-------- RECORDS PROVIDED --------
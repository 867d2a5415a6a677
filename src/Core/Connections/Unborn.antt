-- ===== src/Core/Connections/Unborn.antt =====
-- Connecting, accepting and closing, and the pointers that `ump_sock_new` has not returned yet.
use user_message_protocol.Base.{ℕ, ◌≤◌, ◌≡◌, refl, Option, none, some, Bool, arith, if_both, ◌==◌}
use user_message_protocol.Sock.{UmpSocket}
use user_message_protocol.Core.{UmpCore, store, their_addr_of, test_sock, is_over, drop_at}
use user_message_protocol.Core.Connections.{
  begin_as, connect_begin, connect_end, scan, take_out, accept, take_off, settle_closed, close_at,
  close_end,
}
use user_message_protocol.Core.Place.{IsUnborn, store-none}
use user_message_protocol.Core.Table.{SockAddr, GHashTable, has}

module _ {D : Type 0} {h : GHashTable} where
  begin_as-IsUnborn :
      (o : Option ℕ) (fresh : UmpSocket D) (c : UmpCore D h) (addr : SockAddr)
      → IsUnborn c
      → IsUnborn (begin_as o fresh c addr).1
  begin_as-IsUnborn (some i) fresh c addr u =
      if_both (λ (r : Option ℕ × UmpCore D h). IsUnborn r.1)
        (test_sock (λ s. is_over s.public_state) (c.socks i)) (record { unborn = u.unborn })
        (record { unborn = u.unborn })
  begin_as-IsUnborn none fresh c addr u = record {
    unborn = λ j le.
        store-none c.socks c.next (some (record { their_addr = addr; sock = fresh })) j
          (u.unborn j (omega (arith, le))) (λ q. absurd (omega (arith, q, le)));
  }

  pub connect_begin-IsUnborn :
      (fresh : UmpSocket D) (c : UmpCore D h) (addr : SockAddr)
      → IsUnborn c
      → IsUnborn (connect_begin fresh c addr).1
  unfolding connect_begin
  connect_begin-IsUnborn fresh c addr u =
      let P : Option ℕ × UmpCore D h → Type 0 = λ r. IsUnborn r.1 in
      if_both P (has (h.lookup c.act_connect addr)) u (
        if_both P (has (h.lookup c.umps addr)) u (
          if_both P (has (h.lookup c.closed_umps addr)) u
            (begin_as-IsUnborn (h.lookup c.backlog_umps addr) fresh c addr u)))

  freed-IsUnborn :
      (c : UmpCore D h) (i : ℕ) → IsUnborn c → (j : ℕ) → c.next ≤ j → store c.socks i none j ≡ none
  freed-IsUnborn c i u j le = store-none c.socks i none j (u.unborn j le) (λ _. refl)

  pub connect_end-IsUnborn :
      (c : UmpCore D h) (addr : SockAddr) (i : ℕ) (ok : Bool)
      → IsUnborn c
      → IsUnborn (connect_end c addr i ok).1
  unfolding connect_end
  connect_end-IsUnborn c addr i ok u =
      if_both (λ (r : Option ℕ × UmpCore D h). IsUnborn r.1) ok (record { unborn = u.unborn })
        (record { unborn = freed-IsUnborn c i u })

  take_out-IsUnborn : (c : UmpCore D h) (o : Option ℕ) → IsUnborn c → IsUnborn (take_out c o)
  take_out-IsUnborn c none u = u
  take_out-IsUnborn c (some i) u = record { unborn = u.unborn }

  pub accept-IsUnborn : (c : UmpCore D h) → IsUnborn c → IsUnborn (accept c).1
  unfolding accept
  accept-IsUnborn c u = take_out-IsUnborn c (scan c none (h.values c.backlog_umps)) u

  settle_closed-IsUnborn :
      (o : Option ℕ) (c : UmpCore D h) (i : ℕ) → IsUnborn c → IsUnborn (settle_closed o c i)
  settle_closed-IsUnborn none c i u = record { unborn = u.unborn }
  settle_closed-IsUnborn (some j) c i u =
      if_both IsUnborn (j == i) u (record { unborn = freed-IsUnborn c i u })

  close_at-IsUnborn :
      (o : Option SockAddr) (c : UmpCore D h) (i : ℕ) → IsUnborn c → IsUnborn (close_at o c i)
  close_at-IsUnborn none c i u = u
  close_at-IsUnborn (some a) c i u =
      settle_closed-IsUnborn (h.lookup (drop_at h c.umps a) a) (take_off c a) i
        (record { unborn = u.unborn })

  pub close_end-IsUnborn : (c : UmpCore D h) (i : ℕ) → IsUnborn c → IsUnborn (close_end c i)
  unfolding close_end
  close_end-IsUnborn c i u = close_at-IsUnborn (their_addr_of (c.socks i)) c i u
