-- ===== src/Core/Clean/Sweeps.antt =====
-- What one sweep of a table does to the places of the addresses.
use user_message_protocol.Base.{
  ℕ, ◌≡◌, ◌≤◌, refl, sym, ◌∙◌, ap, subst, Option, none, some, Bool, true, false, ◌&&◌, arith,
  if_both, if◌then◌else◌, List, Option-cases, Bool-cases, ◌⊎◌, inl, inr,
}
use user_message_protocol.Core.{Peer, UmpCore, their_addr_of, free_where}
use user_message_protocol.Core.Clean.{sweep_closed, sweep_backlog}
use user_message_protocol.Core.Place.{
  Place, nowhere, in_backlog, at_rest, occupant, At, IsTidy, waiting_place, resting_place, waiting,
  resting,
}
use user_message_protocol.Core.Table.{SockAddr, GHashTable, IsTable, contains, spare}

-- What freeing leaves.
pub free_where-kept :
    {D : Type 0} (gone : ℕ → Bool) (is : List ℕ) (socks : ℕ → Option (Peer D)) (j : ℕ)
    → (contains j is && gone j) ≡ false
    → free_where gone is socks j ≡ socks j
free_where-kept gone is socks j e = ap (λ (b : Bool). if b then none else socks j) e

pub free_where-none :
    {D : Type 0} (gone : ℕ → Bool) (is : List ℕ) (socks : ℕ → Option (Peer D)) (j : ℕ)
    → socks j ≡ none
    → free_where gone is socks j ≡ none
free_where-none gone is socks j e = if_both (λ o. o ≡ none) (contains j is && gone j) refl e

pub swept-IsUnborn :
    {D : Type 0} (gone : ℕ → Bool) (is : List ℕ) (socks : ℕ → Option (Peer D)) (n : ℕ)
    → ((i : ℕ) → n ≤ i → socks i ≡ none)
    → (i : ℕ) → n ≤ i
    → free_where gone is socks i ≡ none
swept-IsUnborn gone is socks n u i le = free_where-none gone is socks i (u i le)

module _ {D : Type 0} {h : GHashTable} (laws : IsTable h) where
  -- A socket whose address has no entry in a table is no value of the table.
  pub stray :
      (t : h.Table) (socks : ℕ → Option (Peer D)) (a : SockAddr) (j : ℕ)
      → ((k : SockAddr) (i : ℕ) → h.lookup t k ≡ some i → their_addr_of (socks i) ≡ some k)
      → h.lookup t a ≡ none
      → their_addr_of (socks j) ≡ some a
      → contains j (h.values t) ≡ false
  stray t socks a j owns e l = elim (Bool-cases (contains j (h.values t))) [
    | inl v ↦
        let (k, f) = laws.value→key t j v in
        let same : k ≡ a = ground (arith, sym (owns k j f) ∙ l) in
        absurd (ground (arith, sym e ∙ subst (λ (x : SockAddr). h.lookup t x ≡ some j) same f))
    | inr v ↦ v
  ]

  pub closed_owns :
      (c : UmpCore D h)
      → IsTidy c
      → (k : SockAddr) (i : ℕ) → h.lookup c.closed_umps k ≡ some i
      → their_addr_of (c.socks i) ≡ some k
  closed_owns c w k i e =
      let (q, u) = w.placed k in u.live i (ap occupant (resting_place q i (sym u.closed_at ∙ e)))

  pub backlog_owns :
      (c : UmpCore D h)
      → IsTidy c
      → (k : SockAddr) (i : ℕ) → h.lookup c.backlog_umps k ≡ some i
      → their_addr_of (c.socks i) ≡ some k
  backlog_owns c w k i e =
      let (q, u) = w.placed k in u.live i (ap occupant (waiting_place q i (sym u.backlog_at ∙ e)))

  -- What a sweep leaves of a socket that it does not free.
  spared :
      (gone : ℕ → Bool) (is : List ℕ) (socks : ℕ → Option (Peer D)) (j : ℕ) (a : SockAddr)
      → (contains j is && gone j) ≡ false
      → their_addr_of (socks j) ≡ some a
      → their_addr_of (free_where gone is socks j) ≡ some a
  spared gone is socks j a e l = ap their_addr_of (free_where-kept gone is socks j e) ∙ l

  pub sweep_closed-At :
      (gone : ℕ → Bool) (c : UmpCore D h) (a : SockAddr) (p : Place)
      → IsTidy c
      → At c a p
      → (q : Place) × At (sweep_closed gone c) a q
        × ((q ≡ p) ⊎ ((i : ℕ) × (p ≡ at_rest i) × (gone i ≡ true) × (q ≡ nowhere)))
  sweep_closed-At gone c a p w at = elim (Option-cases (resting p)) [
    | inl e ↦ (
      p,
      record {
        umps_at = at.umps_at;
        backlog_at = at.backlog_at;
        act_at = at.act_at;
        closed_at =
            laws.lookup-foreach_remove c.closed_umps gone a
            ∙ ap (spare gone) (at.closed_at ∙ e)
            ∙ sym e;
        live = λ j o.
            spared gone _ c.socks j a
              (ground (
                arith,
                stray c.closed_umps c.socks a j (closed_owns c w) (at.closed_at ∙ e) (at.live j o),
              ))
              (at.live j o);
      },
      inl refl,
    )
    | inr (i, e) ↦ rests i (resting_place p i e)
  ]
    where
      rests :
          (i : ℕ)
          → p ≡ at_rest i
          → (q : Place) × At (sweep_closed gone c) a q
            × ((q ≡ p) ⊎ ((i : ℕ) × (p ≡ at_rest i) × (gone i ≡ true) × (q ≡ nowhere)))
      rests i e =
          let v = subst (At c a) e at in
          let found =
            laws.lookup-foreach_remove c.closed_umps gone a ∙ ap (spare gone) v.closed_at in
          elim (Bool-cases (gone i)) [
            | inl g ↦ (
              nowhere,
              record {
                umps_at = v.umps_at;
                backlog_at = v.backlog_at;
                act_at = v.act_at;
                closed_at = found ∙ ap (λ (b : Bool). if b then none else some i) g;
                live = λ j o. absurd (ground (arith, o));
              },
              inr (i, e, g, refl),
            )
            | inr g ↦ (
              at_rest i,
              record {
                umps_at = v.umps_at;
                backlog_at = v.backlog_at;
                act_at = v.act_at;
                closed_at = found ∙ ap (λ (b : Bool). if b then none else some i) g;
                live = λ j o.
                    subst
                      (λ (k : ℕ).
                        their_addr_of (free_where gone (h.values c.closed_umps) c.socks k) ≡ some a)
                      (ground (arith, o))
                      (spared gone _ c.socks i a (ground (arith, g)) (v.live i refl));
              },
              inl (sym e),
            )
          ]

  pub sweep_backlog-At :
      (gone : ℕ → Bool) (c : UmpCore D h) (a : SockAddr) (p : Place)
      → IsTidy c
      → At c a p
      → (q : Place) × At (sweep_backlog gone c) a q
        × ((q ≡ p) ⊎ ((i : ℕ) × (p ≡ in_backlog i) × (gone i ≡ true) × (q ≡ nowhere)))
  sweep_backlog-At gone c a p w at = elim (Option-cases (waiting p)) [
    | inl e ↦ (
      p,
      record {
        umps_at = at.umps_at;
        closed_at = at.closed_at;
        act_at = at.act_at;
        backlog_at =
            laws.lookup-foreach_remove c.backlog_umps gone a
            ∙ ap (spare gone) (at.backlog_at ∙ e)
            ∙ sym e;
        live = λ j o.
            spared gone _ c.socks j a
              (ground (
                arith,
                stray c.backlog_umps c.socks a j (backlog_owns c w) (at.backlog_at ∙ e)
                    (at.live j o),
              ))
              (at.live j o);
      },
      inl refl,
    )
    | inr (i, e) ↦ waits i (waiting_place p i e)
  ]
    where
      waits :
          (i : ℕ)
          → p ≡ in_backlog i
          → (q : Place) × At (sweep_backlog gone c) a q
            × ((q ≡ p) ⊎ ((i : ℕ) × (p ≡ in_backlog i) × (gone i ≡ true) × (q ≡ nowhere)))
      waits i e =
          let v = subst (At c a) e at in
          let found =
            laws.lookup-foreach_remove c.backlog_umps gone a ∙ ap (spare gone) v.backlog_at in
          elim (Bool-cases (gone i)) [
            | inl g ↦ (
              nowhere,
              record {
                umps_at = v.umps_at;
                closed_at = v.closed_at;
                act_at = v.act_at;
                backlog_at = found ∙ ap (λ (b : Bool). if b then none else some i) g;
                live = λ j o. absurd (ground (arith, o));
              },
              inr (i, e, g, refl),
            )
            | inr g ↦ (
              in_backlog i,
              record {
                umps_at = v.umps_at;
                closed_at = v.closed_at;
                act_at = v.act_at;
                backlog_at = found ∙ ap (λ (b : Bool). if b then none else some i) g;
                live = λ j o.
                    subst
                      (λ (k : ℕ).
                        their_addr_of (free_where gone (h.values c.backlog_umps) c.socks k)
                        ≡ some a)
                      (ground (arith, o))
                      (spared gone _ c.socks i a (ground (arith, g)) (v.live i refl));
              },
              inl (sym e),
            )
          ]

  pub sweep_closed-IsTidy :
      (gone : ℕ → Bool) (c : UmpCore D h) → IsTidy c → IsTidy (sweep_closed gone c)
  sweep_closed-IsTidy gone c w = record {
    placed =
        λ a. let (p, at) = w.placed a in let (q, v, _) = sweep_closed-At gone c a p w at in (q, v);
    unborn = record {
      unborn = swept-IsUnborn gone (h.values c.closed_umps) c.socks c.next w.unborn.unborn;
    };
  }
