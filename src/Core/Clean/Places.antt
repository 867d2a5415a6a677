-- ===== src/Core/Clean/Places.antt =====
-- What a round of the cleaner does to the places of the addresses.
use user_message_protocol.Base.{ℕ, ◌≡◌, sym, ◌∙◌, subst, Bool, true, arith, ◌⊎◌, inl, inr}
use user_message_protocol.Clock.{Clock, TimeVal}
use user_message_protocol.Core.{UmpCore}
use user_message_protocol.Core.Clean.{sweep_closed, goes, clean}
use user_message_protocol.Core.Place.{
  Place, nowhere, in_backlog, at_rest, dropped, cleaned, stays, Moves, At, IsTidy, IsUnborn,
  Follows,
}
use user_message_protocol.Core.Table.{SockAddr, GHashTable, IsTable}
use user_message_protocol.Core.Clean.Sweeps.{
  swept-IsUnborn, sweep_closed-At, sweep_backlog-At, sweep_closed-IsTidy,
}

pub clean-IsUnborn :
    {D : Type 0} {h : GHashTable} (clock : Clock) (cur : ℕ → TimeVal) (c : UmpCore D h)
    → IsUnborn c
    → IsUnborn (clean clock cur c)
unfolding clean
clean-IsUnborn {h = h} clock cur c u = record {
  unborn =
      swept-IsUnborn _ (h.values c.backlog_umps) _ c.next
        (swept-IsUnborn (goes clock cur c) (h.values c.closed_umps) c.socks c.next u.unborn);
}

module _ {D : Type 0} {h : GHashTable} (laws : IsTable h) where
  -- A round of the cleaner lets every address follow its life.
  pub clean-Follows :
      (clock : Clock) (cur : ℕ → TimeVal) (c : UmpCore D h) (a : SockAddr) (p : Place)
      → IsTidy c
      → At c a p
      → Follows (clean clock cur c) a p
  unfolding clean
  clean-Follows clock cur c a p w at =
      let c1 = sweep_closed (goes clock cur c) c in
      let (q, v, m) = sweep_closed-At laws (goes clock cur c) c a p w at in
      let (r, u, n) =
        sweep_backlog-At laws (goes clock cur c1) c1 a q
          (sweep_closed-IsTidy laws (goes clock cur c) c w) v in
      record { place = r; there = u; move = both p q r m n }
    where
      both :
          {f g : ℕ → Bool} (p q r : Place)
          → (q ≡ p) ⊎ ((i : ℕ) × (p ≡ at_rest i) × (f i ≡ true) × (q ≡ nowhere))
          → (r ≡ q) ⊎ ((i : ℕ) × (q ≡ in_backlog i) × (g i ≡ true) × (r ≡ nowhere))
          → Moves p r
      both p q r (inl e) (inl k) = subst (Moves p) (sym (k ∙ e)) stays
      both p q r (inl e) (inr (i, k, _, l)) =
          subst (Moves p) (sym l) (subst (λ x. Moves x nowhere) (sym k ∙ e) dropped)
      both p q r (inr (i, e, _, l)) (inl k) =
          subst (Moves p) (sym (k ∙ l)) (subst (λ x. Moves x nowhere) (sym e) cleaned)
      both p q r (inr (i, e, _, l)) (inr (j, k, _, _)) = absurd (ground (arith, sym l ∙ k))
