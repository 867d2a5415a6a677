-- ===== src/Core/Steps.antt =====
-- A core over its life: after `ump_core_bind`, packets, calls of the application, rounds of the
-- cleaner and the threads of the sockets come in any order. A call that blocks, `ump_connect` or
-- `ump_close`, is two steps, and other steps come in between. The application closes a socket that is
-- in use, or that it closed before and that was not cleaned.
use user_message_protocol.Base.{ℕ, ◌≡◌, ◌⊎◌, refl, sym, ◌∙◌, ap, subst, none, some, Bool, arith}
use user_message_protocol.Base.Int.{ℤ, pos, negsuc}
use user_message_protocol.Clock.{Clock, TimeVal}
use user_message_protocol.Packet.{UmpPacket}
use user_message_protocol.Sock.{UmpSocket}
use user_message_protocol.Core.{UmpCore, store, change_sock, their_addr_of, core_bind, new_core}
use user_message_protocol.Core.Dispatch.{receive}
use user_message_protocol.Core.Connections.{connect_begin, connect_end, accept, close_end}
use user_message_protocol.Core.Clean.{clean}
use user_message_protocol.Core.Dispatch.Places.{receive-Follows, receive-IsUnborn}
use user_message_protocol.Core.Connections.Places.{connect_begin-Follows}
use user_message_protocol.Core.Connections.Endings.{connect_end-Follows, close_end-Follows}
use user_message_protocol.Core.Connections.Accepting.{accept-Follows}
use user_message_protocol.Core.Connections.Unborn.{
  connect_begin-IsUnborn, connect_end-IsUnborn, accept-IsUnborn, close_end-IsUnborn,
}
use user_message_protocol.Core.Clean.Places.{clean-Follows, clean-IsUnborn}
use user_message_protocol.Core.Place.{
  Place, nowhere, At, IsTidy, IsUnborn, Follows, Elsewhere-Follows, store-their_addr_of,
  change_sock-their_addr_of, store-none,
}
use user_message_protocol.Core.Table.{SockAddr, GHashTable, IsTable}

module _ {D : Type 0} {h : GHashTable} where
  -- What the thread of a socket, or a call that blocks, makes of the socket.
  abbrev pub run_sock : (UmpSocket D → UmpSocket D) → UmpCore D h → ℕ → UmpCore D h
  run_sock f c i = record c { socks = store c.socks i (change_sock f (c.socks i)) }

  pub data Step : UmpCore D h → UmpCore D h → Type 0 where
    by_packet :
        {c : UmpCore D h} (fresh : UmpSocket D) (from : SockAddr) (p : UmpPacket)
        → Step c (receive fresh c from p)
    by_connect :
        {c : UmpCore D h} (fresh : UmpSocket D) (addr : SockAddr)
        → Step c (connect_begin fresh c addr).1
    by_connected :
        {c : UmpCore D h} (addr : SockAddr) (i : ℕ) (ok : Bool)
        → h.lookup c.act_connect addr ≡ some i
        → Step c (connect_end c addr i ok).1
    by_accept : {c : UmpCore D h} → Step c (accept c).1
    by_close :
        {c : UmpCore D h} (addr : SockAddr) (i : ℕ)
        → (h.lookup c.umps addr ≡ some i) ⊎ (h.lookup c.closed_umps addr ≡ some i)
        → Step c (close_end c i)
    by_cleaner : {c : UmpCore D h} (clock : Clock) (cur : ℕ → TimeVal) → Step c (clean clock cur c)
    by_sock : {c : UmpCore D h} (f : UmpSocket D → UmpSocket D) (i : ℕ) → Step c (run_sock f c i)

  pub data Reach : UmpCore D h → UmpCore D h → Type 0 where
    here : {c : UmpCore D h} → Reach c c
    step : {c d e : UmpCore D h} → Reach c d → Step d e → Reach c e

  run_sock-IsUnborn :
      (f : UmpSocket D → UmpSocket D) (c : UmpCore D h) (i : ℕ)
      → IsUnborn c
      → IsUnborn (run_sock f c i)
  run_sock-IsUnborn f c i u = record {
    unborn = λ j le.
        store-none c.socks i _ j (u.unborn j le)
          (λ q. ap (change_sock f) (subst (λ (k : ℕ). c.socks k ≡ none) (sym q) (u.unborn j le)));
  }

  Step-IsUnborn : {c d : UmpCore D h} → Step c d → IsUnborn c → IsUnborn d
  Step-IsUnborn {c} (by_packet fresh from p) u = receive-IsUnborn fresh c from p u
  Step-IsUnborn {c} (by_connect fresh addr) u = connect_begin-IsUnborn fresh c addr u
  Step-IsUnborn {c} (by_connected addr i ok e) u = connect_end-IsUnborn c addr i ok u
  Step-IsUnborn {c} by_accept u = accept-IsUnborn c u
  Step-IsUnborn {c} (by_close addr i e) u = close_end-IsUnborn c i u
  Step-IsUnborn {c} (by_cleaner clock cur) u = clean-IsUnborn clock cur c u
  Step-IsUnborn {c} (by_sock f i) u = run_sock-IsUnborn f c i u

-- A core that is made is the new core.
pub bound_core :
    {D : Type 0} {h : GHashTable} (n : ℕ) (c : UmpCore D h)
    → core_bind (pos n) ≡ some c
    → new_core n ≡ c
unfolding core_bind
bound_core n c e = ground (arith, e)

module _ {D : Type 0} {h : GHashTable} (laws : IsTable h) where
  -- The core refines the abstract view: when every address of a core has its place, every step
  -- takes an address to a place again, and only along the life of a socket, from the backlog or a
  -- connect into use, from there to rest, and away.
  pub Step-Follows :
      {c d : UmpCore D h} (a : SockAddr) (p : Place)
      → IsTidy c
      → At c a p
      → Step c d
      → Follows d a p
  Step-Follows {c} a p w at (by_packet fresh from q) = receive-Follows laws fresh c from a q p w at
  Step-Follows {c} a p w at (by_connect fresh addr) =
      connect_begin-Follows laws fresh c addr a p w at
  Step-Follows {c} a p w at (by_connected addr i ok e) =
      connect_end-Follows laws c addr i ok a p w e at
  Step-Follows {c} a p w at by_accept = accept-Follows laws c a p w at
  Step-Follows {c} a p w at (by_close addr i e) = close_end-Follows laws c addr i a p w e at
  Step-Follows {c} a p w at (by_cleaner clock cur) = clean-Follows laws clock cur c a p w at
  Step-Follows {c} a p w at (by_sock f i) = Elsewhere-Follows at (record {
    same_umps = refl;
    same_backlog = refl;
    same_act = refl;
    same_closed = refl;
    kept_socks = λ j e.
        store-their_addr_of c.socks i _ j a
          (λ q.
            change_sock-their_addr_of f (c.socks i)
            ∙ subst (λ (k : ℕ). their_addr_of (c.socks k) ≡ some a) (sym q) e)
          e;
  })

  Step-IsTidy : {c d : UmpCore D h} → Step c d → IsTidy c → IsTidy d
  Step-IsTidy k w = record {
    placed = λ a. let (p, at) = w.placed a in let f = Step-Follows a p w at k in (f.place, f.there);
    unborn = Step-IsUnborn k w.unborn;
  }

  new_core-IsTidy : (n : ℕ) → IsTidy (new_core {D = D} {h = h} n)
  new_core-IsTidy n = record {
    placed = λ a. (
      nowhere,
      record {
        umps_at = laws.lookup-new a;
        backlog_at = laws.lookup-new a;
        act_at = laws.lookup-new a;
        closed_at = laws.lookup-new a;
        live = λ i o. absurd (ground (arith, o));
      },
    );
    unborn = record { unborn = λ i le. refl };
  }

  core_bind-IsTidy : (backlog : ℤ) {c : UmpCore D h} → core_bind backlog ≡ some c → IsTidy c
  unfolding core_bind
  core_bind-IsTidy (negsuc n) e = absurd (ground (arith, e))
  core_bind-IsTidy (pos n) e = subst IsTidy (bound_core n _ e) (new_core-IsTidy n)

  Reach-IsTidy : {c d : UmpCore D h} → Reach c d → IsTidy c → IsTidy d
  Reach-IsTidy here w = w
  Reach-IsTidy (step r k) w = Step-IsTidy k (Reach-IsTidy r w)

  -- Whatever packets, calls, rounds of the cleaner and doings of the sockets a new core has been
  -- through, in any order: an address is in one of the tables at most, and a socket that a table
  -- has is not freed and is a socket of this address.
  pub core_bind-always-IsTidy :
      (backlog : ℤ) {c d : UmpCore D h} → core_bind backlog ≡ some c → Reach c d → IsTidy d
  core_bind-always-IsTidy backlog e r = Reach-IsTidy r (core_bind-IsTidy backlog e)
--------
WHAT YOU SHOULD DO. Nothing but the lines from the first line of the data through the line with "if_both P (has (h.lookup c.act_connect" should be returned, exactly as they appear, both ends included.

EXERCISE ANSWER.
repository 867d2a5415a6a677
filename src/Core/Connections/Unborn.antt
-- ===== src/Core/Connections/Unborn.antt =====
-- Connecting, accepting and closing, and the pointers that `ump_sock_new` has not returned yet.
use user_message_protocol.Base.{ℕ, ◌≤◌, ◌≡◌, refl, Option, none, some, Bool, arith, if_both, ◌==◌}
use user_message_protocol.Sock.{UmpSocket}
use user_message_protocol.Core.{UmpCore, store, their_addr_of, test_sock, is_over, drop_at}
use user_message_protocol.Core.Connections.{
  begin_as, connect_begin, connect_end, scan, take_out, accept, take_off, settle_closed, close_at,
  close_end,
}
use user_message_protocol.Core.Place.{IsUnborn, store-none}
use user_message_protocol.Core.Table.{SockAddr, GHashTable, has}

module _ {D : Type 0} {h : GHashTable} where
  begin_as-IsUnborn :
      (o : Option ℕ) (fresh : UmpSocket D) (c : UmpCore D h) (addr : SockAddr)
      → IsUnborn c
      → IsUnborn (begin_as o fresh c addr).1
  begin_as-IsUnborn (some i) fresh c addr u =
      if_both (λ (r : Option ℕ × UmpCore D h). IsUnborn r.1)
        (test_sock (λ s. is_over s.public_state) (c.socks i)) (record { unborn = u.unborn })
        (record { unborn = u.unborn })
  begin_as-IsUnborn none fresh c addr u = record {
    unborn = λ j le.
        store-none c.socks c.next (some (record { their_addr = addr; sock = fresh })) j
          (u.unborn j (omega (arith, le))) (λ q. absurd (omega (arith, q, le)));
  }

  pub connect_begin-IsUnborn :
      (fresh : UmpSocket D) (c : UmpCore D h) (addr : SockAddr)
      → IsUnborn c
      → IsUnborn (connect_begin fresh c addr).1
  unfolding connect_begin
  connect_begin-IsUnborn fresh c addr u =
      let P : Option ℕ × UmpCore D h → Type 0 = λ r. IsUnborn r.1 in
      if_both P (has (h.lookup c.act_connect addr)) u (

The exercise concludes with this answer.